It may be time to upgrade your pans, given that the U.S. government has called for a complete phase-out of polytetrafluorethylene (PTFE, otherwise known as Teflon) and related products by 2015, due to health concerns. When Teflon is exposed to high heat it can degrade, which causes it to release its constituent chemical, PFOA, as a gas. This phenomenon can kill pet birds, and can’t be good for humans either.
While there are no known cases of airborne PFOA causing direct health problems for consumers, workers in plants where Teflon has been produced are at increased risk for cancers of the pancreas and the male reproductive tract. “Numerous studies have shown that PFOA alters reproductive hormones in the male, causing increased levels of estrogen and abnormal testosterone regulation and that PFOA or chemicals that break down into PFOA damage the thyroid gland,” reports Melissa Breyer of the website Care2.
Breyer adds that four organs or tissues in the immune system and at least nine types of cells that regulate immune function are targets of PFOA, and that scientists have been unable to find a level of PFOA that doesn’t damage the immune system: “Doses given to effected lab animals were minimal—and less, relatively, than levels found in children.” The fact that PFOA exposure led to testicular, pancreatic, mammary and liver tumors in rats doesn’t bode well for what the chemical may do to humans.
Of course, the risk of exposure is much lower for a person frying an egg at home than for a factory worker manufacturing PTFE for DuPont.

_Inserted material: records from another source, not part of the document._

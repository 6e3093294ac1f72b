-- ===== src/Tests/Packets/Guarded.antt =====
-- A packet without the right, and rounds of the server.
use itertk.Base.{◌≡◌, refl, true, false, none, some, List, [], ◌∷◌, ◌++◌, replicate, codes}
use itertk.Conf.{ConfigLimit, UsrInfo}
use itertk.Conf.Users.{get_usr_id}
use itertk.Wire.{After}
use itertk.Wire.Packet.{Itsip, c_string}
use itertk.Web.{Web, Board, allowed}
use itertk.Web.Command.{web_cmd_proc}
use itertk.Web.Rights.{Denied, conf_set_without_right}
use itertk.Web.Table.{Round, web_init, web_run}
use itertk.Web.Table.Served.{IsServed, Holds, web_run-IsServed}
use itertk.Tests.{demo}
use itertk.Tests.Wires.{burst}
use itertk.Tests.Packets.{demo_head, demo_board, set_bytes, demo_web}

-- port 1 is limited, and the first user is no root
abbrev guest : UsrInfo
guest = record { usr_id = 1; usr_name = codes "ann"; usr_passwd = codes "pw"; usr_auth = 0 }

abbrev closed_port : ConfigLimit
closed_port = record { id = 1; enable = 1; read = replicate 16 0; modify = replicate 16 0 }

abbrev guest_web : Web
guest_web =
    let w = demo_web [] in
    let c = w.client in
    let conf = c.conf in
    record w {
      client = record c { conf = record conf { con_usr = guest ∷ []; con_lim = closed_port ∷ [] } };
    }

-- CONF_SET for the mode of port 1
abbrev guest_head : Itsip
guest_head =
    let h = demo_head 0xa3 in
    record h { itsip_user = codes "ann" ++ replicate 21 0; itsip_data = 1 ∷ replicate 23 0 }

guest-Denied : Denied guest_head guest_web.client.conf
unfolding allowed get_usr_id c_string
guest-Denied = record { no_right = refl; not_root = refl }

conf_set_without_right_example :
    After
      (λ (_ : Unit) (w' : Web). w' ≡ record guest_web { conn = w'.conn })
      (web_cmd_proc demo_board guest_head guest_web)
conf_set_without_right_example =
    conf_set_without_right demo_board guest_head guest_web refl guest-Denied

-- A connection arrives and is served in the next round.
abbrev demo_rounds : List (Board × Round)
demo_rounds =
    (
      demo_board,
      Round.ready
          (some (some (record { fd = 7; ip = []; inbox = set_bytes; calls = burst 56 ∷ [] })))
          (λ fd. false),
    )
    ∷ (demo_board, Round.ready none (λ fd. true))
    ∷ []

web_run-IsServed_example : Holds IsServed (web_run demo_rounds (web_init demo 3))
web_run-IsServed_example = web_run-IsServed demo_rounds demo 3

In 2007, Consumer Reports Magazine tested PTFE-based non-stick pans from several manufacturers and found harmful airborne emissions of PFOA to be minimal. “The highest level was about 100 times lower than levels that animal studies suggest are of concern for ongoing exposure to PFOA,” reported the magazine. “With the aged pans, emissions were barely measurable.”
Some manufacturers are working on safer non-stick cookware using ceramic or silicone coatings free of PTFE or PFOA. But a 2009 survey of eight such alternatives by Cook’s Illustrated magazine did not identify any of the new choices out there high marks. “Not a single one of these ‘green’ pans was without flaws,” said the magazine. “In some, delicate eggs burned, thin fish fillets stuck, and steak charred on the outside while remaining raw within. Others stained or transferred heat inconsistently.” Some pans accumulated the browned bits known as fond when steak was seared, indicating unwanted sticking power.
Many foodies have resigned themselves to the likelihood that the idea of a non-stick pan might in and of itself be too good to be true. As such, cast iron, aluminum, copper and stainless steel each rate high for even heat distribution and for holding up well at high temperatures and frequent use. Used properly—such as by employing a little oil or butter to inhibit food from sticking—such pans can last decades.